Unbroken Ties
Amanda Lickers introduces Everlasting
Looking across the city, at a territory partitioned into reserves and private lands, dotted with corporate fortresses, monuments, and place names that celebrate colonial conquests, I return the frame of my reflections to the Everlasting Tree Belt. A significant wampum belt for the Haudenosaunee, the Everlasting Tree Belt signifies the burying of the hatchet under the Great White Pine—the Tree of Peace—during the formation of the Confederacy (the union of the original Five Nations—Mohawk, Oneida, Onondaga, Cayuga, Seneca, with the Tuscarora joining in the early 1720s due to colonial incursion on their homelands, to form the Six Nations). The belt evokes a commitment to shared values of peace and unity through Kaianere’kó:wa (the Great Law of Peace), which is the original legal framework of this territory. It is the political and governance systems of wampum diplomacy that have set the foundation for democracy and self-determination here on Turtle Island.

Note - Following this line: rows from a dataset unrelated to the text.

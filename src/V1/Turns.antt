-- ===== src/V1/Turns.antt =====
-- source/v1/engine.cpp: each turn of the parser's loop takes bytes, or returns a valid engine.
use stunning_waddle.Base.{
  ap, ℕ, ◌-◌, ◌<◌, ◌≤◌, min, Bool, true, false, ◌≡◌, ◌∙◌, ◌⊎◌, inl, inr, [], ◌∷◌, Option, none,
  some, Bytes, length, arith, take, is_empty, if◌then◌else◌, Bool-cases, refl, ◌==◌, if_intro,
  option_intro, length-drop,
}
use stunning_waddle.ErrorCodes.{protocol_error}
use stunning_waddle.V2.State.{is_server}
use stunning_waddle.V1.Text.{split_at, parse_status_line, parse_request_line, parse_chunk_size}
use stunning_waddle.V1.State.{
  Engine, ParseState, start_line, skip_interim, reading_headers, body_length, chunk_size,
  chunk_data, chunk_crlf, chunk_trailer, body_until_close, awaiting_response, done,
  connection_error, input_capacity, advance_stream_id,
}
use stunning_waddle.V1.Parse.{
  Turn, again, return, find_line, compact, wait_for_line, take_line, emit_data, set_minor,
  on_status_line, begin_request, on_request_line, on_start_line, add_field_line, on_header_line,
  on_chunk_size, take_body, turn, is_interim,
}
use stunning_waddle.V1.Validity.{
  is_done, is_sized, IsValid, IsOpen, connection_error-IsValid, handle_headers_complete-IsValid,
  finish_message-IsValid,
}

-- The states that leave received bytes in the buffer, until a response is sent or for good.
abbrev pub is_blocked : ParseState → Bool
is_blocked done = true
is_blocked awaiting_response = true
is_blocked _ = false

abbrev pub HasRoom : Engine → Type 0
HasRoom e = (is_blocked e.state ≡ true) ⊎ (length e.input_buffer < input_capacity)

abbrev pub TurnOk : ℕ → Turn → Type 0
TurnOk n (again rest e) = (length rest < n) × IsValid e
TurnOk n (return e) = IsValid e × HasRoom e

-- What is split off leaves less.
abbrev LeavesLess : Bytes → Option (Bytes × Bytes) → Type 0
LeavesLess s none = Unit
LeavesLess s (some (a, b)) = length b < length s

split_at-LeavesLess : (c : ℕ) (s : Bytes) → LeavesLess s (split_at c s)
unfolding split_at
split_at-LeavesLess c [] = tt
split_at-LeavesLess c (x ∷ s) =
    let ih = split_at-LeavesLess c s in
    if_intro (LeavesLess (x ∷ s)) (x == c) _ _ (λ _. omega arith)
      (λ _.
        option_intro (LeavesLess (x ∷ s)) (split_at c s) _ _ (λ _. tt)
          (λ r e. omega (arith, (rw e at ih))))

find_line-LeavesLess : (rest : Bytes) → LeavesLess rest (find_line rest)
unfolding find_line
find_line-LeavesLess rest =
    let found = split_at-LeavesLess 10 rest in
    option_intro (LeavesLess rest) (split_at 10 rest) _ _ (λ _. tt)
      (λ r e. let shorter = (rw e at found) in shorter)

IsOpen-state : (e : Engine) → IsValid e → is_done e.state ≡ false → IsOpen e
IsOpen-state e v h = record { not_done = v.closed ∙ h; open_fits = v.fits }

error-Ok : (n : ℕ) (e : Engine) → IsValid e → TurnOk n (return (connection_error e protocol_error))
unfolding connection_error
error-Ok n e v = (connection_error-IsValid e protocol_error v, inl (ground arith))

module _ (e : Engine) (rest : Bytes) (v : IsValid e) (fits : length rest ≤ input_capacity) where
  compact-IsValid : IsValid (compact e rest)
  unfolding compact
  compact-IsValid = record {
    closed = v.closed;
    quiet = v.quiet;
    positive = v.positive;
    fits = fits;
  }

  wait_for_line-Ok : (n : ℕ) → TurnOk n (return (wait_for_line e rest))
  unfolding wait_for_line compact
  wait_for_line-Ok n =
      if_intro (λ e'. TurnOk n (return e')) (length rest == input_capacity) _ _
        (λ _. error-Ok n (compact e rest) compact-IsValid)
        (λ h. (compact-IsValid, inr (ground (arith, h))))

  take_line-Ok :
      (k : Bytes → Bytes → Turn)
      → ((line after : Bytes) → length after < length rest → TurnOk (length rest) (k line after))
      → TurnOk (length rest) (take_line e rest k)
  unfolding take_line
  take_line-Ok k h =
      let less = find_line-LeavesLess rest in
      option_intro (TurnOk (length rest)) (find_line rest) _ _ (λ _. wait_for_line-Ok (length rest))
        (λ r found. h r.0 r.1 (let shorter = (rw found at less) in shorter))

set_minor-IsValid : (e : Engine) (m : Option ℕ) → IsValid e → IsValid (set_minor e m)
set_minor-IsValid e none v = v
set_minor-IsValid e (some m) v = ground arith

set_minor-IsOpen : (e : Engine) (m : Option ℕ) → IsOpen e → IsOpen (set_minor e m)
set_minor-IsOpen e none v = v
set_minor-IsOpen e (some m) v = ground arith

begin_request-IsValid : (e : Engine) (m t : Bytes) → IsOpen e → IsValid (begin_request e m t)
unfolding begin_request advance_stream_id
begin_request-IsValid e m t h = ground arith

unsized-IsValid :
    (e : Engine) (s : ParseState)
    → is_done s ≡ false
    → is_sized s ≡ false
    → IsOpen e
    → IsValid (record e { state = s })
unsized-IsValid e s d z h = ground arith

add_field_line-IsValid : (e : Engine) (line : Bytes) → IsValid e → IsValid (add_field_line e line)
unfolding add_field_line
add_field_line-IsValid e line v = ground arith

sized-IsValid :
    (e : Engine) (size : ℕ)
    → IsOpen e
    → IsValid (record e {
      body_remaining = size;
      state = if size == 0 then chunk_trailer else chunk_data;
    })
sized-IsValid e size h = elim (Bool-cases (size == 0)) [
  | inl z ↦
      rw z (record { closed = h.not_done; quiet = λ q. cc; positive = λ q. cc; fits = h.open_fits })
  | inr z ↦ rw z (record {
    closed = h.not_done;
    quiet = λ q. cc;
    positive = λ q. ground (arith, z);
    fits = h.open_fits;
  })
]

module _ (e : Engine) (n : ℕ) (line after : Bytes) (v : IsValid e) (h : IsOpen e)
    (less : length after < n) where
  on_status_line-Ok : TurnOk n (on_status_line e line after)
  unfolding on_status_line
  on_status_line-Ok =
      let r = parse_status_line line in
      let v' = set_minor-IsValid e r.minor v in
      let h' = set_minor-IsOpen e r.minor h in
      option_intro (TurnOk n) r.parts _ _ (λ _. error-Ok n _ v')
        (λ status _.
          if_intro (TurnOk n) (is_interim status) _ _
            (λ _. (less, unsized-IsValid _ skip_interim refl refl h'))
            (λ _. (
              less,
              unsized-IsValid
                  (record (set_minor e r.minor) { status_code = status; message_headers = [] })
                  reading_headers refl refl
                  (record { not_done = h'.not_done; open_fits = h'.open_fits }),
            )))

  on_request_line-Ok : TurnOk n (on_request_line e line after)
  unfolding on_request_line
  on_request_line-Ok =
      let r = parse_request_line line in
      option_intro (TurnOk n) r.parts _ _ (λ _. error-Ok n _ (set_minor-IsValid e r.minor v))
        (λ p _. (less, begin_request-IsValid _ p.0 p.1 (set_minor-IsOpen e r.minor h)))

  on_header_line-Ok : TurnOk n (on_header_line e line after)
  unfolding on_header_line
  on_header_line-Ok =
      if_intro (TurnOk n) (is_empty line) _ _ (λ _. (less, handle_headers_complete-IsValid e v h))
        (λ _. (less, add_field_line-IsValid e line v))

  on_chunk_size-Ok : TurnOk n (on_chunk_size e line after)
  unfolding on_chunk_size
  on_chunk_size-Ok =
      option_intro (TurnOk n) (parse_chunk_size line) _ _ (λ _. error-Ok n e v)
        (λ size _. (less, sized-IsValid e size h))

emit_data-kept :
    (e : Engine) (bytes : Bytes)
    → ((emit_data e bytes).connection_done ≡ e.connection_done)
      × ((emit_data e bytes).state ≡ e.state)
      × ((emit_data e bytes).active_stream ≡ e.active_stream)
      × ((emit_data e bytes).input_buffer ≡ e.input_buffer)
      × ((emit_data e bytes).body_remaining ≡ e.body_remaining)
unfolding emit_data
emit_data-kept e bytes = (ground arith, ground arith, ground arith, ground arith, ground arith)

emit_data-IsValid : (e : Engine) (bytes : Bytes) → IsValid e → IsValid (emit_data e bytes)
emit_data-IsValid e bytes v = let kept = emit_data-kept e bytes in ground (arith, kept)

read_body-kept :
    (e : Engine) (bytes : Bytes) (left : ℕ)
    → IsOpen e
    → IsOpen (record (emit_data e bytes) { body_remaining = left })
read_body-kept e bytes left h =
    let kept = emit_data-kept e bytes in
    record { not_done = kept.0 ∙ h.not_done; open_fits = rw (kept.3) h.open_fits }

-- A state that reads bytes up to a number, which is not 0.
take_body-Ok :
    (e : Engine) (b : ℕ) (rest : Bytes) (finish : Engine → Engine)
    → IsValid e
    → IsOpen e
    → is_sized e.state ≡ true
    → ((e1 : Engine) → IsOpen e1 → IsValid (finish e1))
    → TurnOk (length (b ∷ rest)) (take_body e (b ∷ rest) finish)
unfolding take_body
take_body-Ok e b rest finish v h sized f =
    let n = min (length (b ∷ rest)) e.body_remaining in
    let kept = emit_data-kept e (take n (b ∷ rest)) in
    let some_bytes = v.positive sized in
    let open_ = read_body-kept e (take n (b ∷ rest)) (e.body_remaining - n) h in
    (
      omega (arith, length-drop n (b ∷ rest)),
      if_intro IsValid (e.body_remaining - n == 0) _ _ (λ _. f _ open_)
          (λ k. record {
            closed = open_.not_done ∙ ground (arith, kept);
            quiet = λ q. ground (arith, kept, q);
            positive = λ q. ground (arith, k);
            fits = open_.open_fits;
          }),
    )

on_start_line-Ok :
    (e : Engine) (rest : Bytes)
    → IsValid e
    → IsOpen e
    → length rest ≤ input_capacity
    → TurnOk (length rest) (on_start_line e rest)
unfolding on_start_line
on_start_line-Ok e rest v h fits =
    if_intro (TurnOk (length rest)) (is_server e.role) _ _
      (λ _.
        take_line-Ok e rest v fits _
          (λ line after less. on_request_line-Ok e _ line after v h less))
      (λ _.
        option_intro (TurnOk (length rest)) e.active_stream _ _ (λ _. error-Ok (length rest) e v)
          (λ id _.
            take_line-Ok e rest v fits _
              (λ line after less. on_status_line-Ok e _ line after v h less)))

pub turn-Ok :
    (e : Engine) (b : ℕ) (rest : Bytes) (s : ParseState)
    → e.state ≡ s
    → IsValid e
    → length (b ∷ rest) ≤ input_capacity
    → TurnOk (length (b ∷ rest)) (turn e (b ∷ rest))
unfolding turn compact
turn-Ok e b rest start_line q v fits =
    rw (q, turn) (on_start_line-Ok e (b ∷ rest) v (IsOpen-state e v (ap is_done q)) fits)
turn-Ok e b rest skip_interim q v fits =
    rw (q, turn)
      (let o = IsOpen-state e v (ap is_done q) in
        take_line-Ok e (b ∷ rest) v fits _ (λ line after less. (
          less,
          if_intro IsValid (is_empty line) _ _ (λ _. unsized-IsValid e start_line refl refl o)
              (λ _. v),
        )))
turn-Ok e b rest reading_headers q v fits =
    rw (q, turn)
      (take_line-Ok e (b ∷ rest) v fits _ (λ line after less.
        on_header_line-Ok e _ line after v (IsOpen-state e v (ap is_done q)) less))
turn-Ok e b rest body_length q v fits =
    rw (q, turn)
      (take_body-Ok e b rest _ v (IsOpen-state e v (ap is_done q)) (ap is_sized q)
        finish_message-IsValid)
turn-Ok e b rest chunk_size q v fits =
    rw (q, turn)
      (take_line-Ok e (b ∷ rest) v fits _ (λ line after less.
        on_chunk_size-Ok e _ line after v (IsOpen-state e v (ap is_done q)) less))
turn-Ok e b rest chunk_data q v fits =
    rw (q, turn)
      (take_body-Ok e b rest _ v (IsOpen-state e v (ap is_done q)) (ap is_sized q)
        (λ e1 o. unsized-IsValid e1 chunk_crlf refl refl o))
turn-Ok e b rest chunk_crlf q v fits =
    rw (q, turn)
      (take_line-Ok e (b ∷ rest) v fits _ (λ line after less.
        (less, unsized-IsValid e chunk_size refl refl (IsOpen-state e v (ap is_done q)))))
turn-Ok e b rest chunk_trailer q v fits =
    rw (q, turn)
      (let o = IsOpen-state e v (ap is_done q) in
        take_line-Ok e (b ∷ rest) v fits _ (λ line after less.
          (less, if_intro IsValid (is_empty line) _ _ (λ _. finish_message-IsValid e o) (λ _. v))))
turn-Ok e b rest body_until_close q v fits = rw (q, turn) (omega arith, emit_data-IsValid e _ v)
turn-Ok e b rest awaiting_response q v fits =
    rw (q, turn) (compact-IsValid e (b ∷ rest) v fits, inl (ap is_blocked q))
turn-Ok e b rest done q v fits =
    rw (q, turn) (compact-IsValid e (b ∷ rest) v fits, inl (ap is_blocked q))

In the making of the film Everlasting, I was inspired by the dichotomy of the city and the bush and wanted to amplify this tension to show that our practices are present wherever we are. Being part of the Buckskin Babes collective dedicated to moose hide tanning in an urban context, our focus is to bring the bush to the city. On our territory, we can’t just have a fire, we can’t just go out hunting—there’s a lot of infrastructure that is required to change this, not just material, but legal, as well as social. For me, the concept of placekeeping, as it has evolved through the thinking of Indigenous architects like Wanda Dalla Costa or Matthew Hickey, challenges the notion of placemaking in architecture and urban design. Where placemaking suggests that we need to develop and create a space, placekeeping instead reinforces an understanding of interconnectivity and implies that the territory already is a place and that ecological and sociocultural systems as they pertain to land must be accounted for in design. Our practices, such as hide tanning, already have a symbiotic relationship with that place. Placekeeping supports Indigenous epistemologies of interconnectivity, interdependence, and deep time in our continued presence through cultural transmission. If we want to really have meaningful sustainability in architecture and the built environment, then we must have Indigenous sovereignty.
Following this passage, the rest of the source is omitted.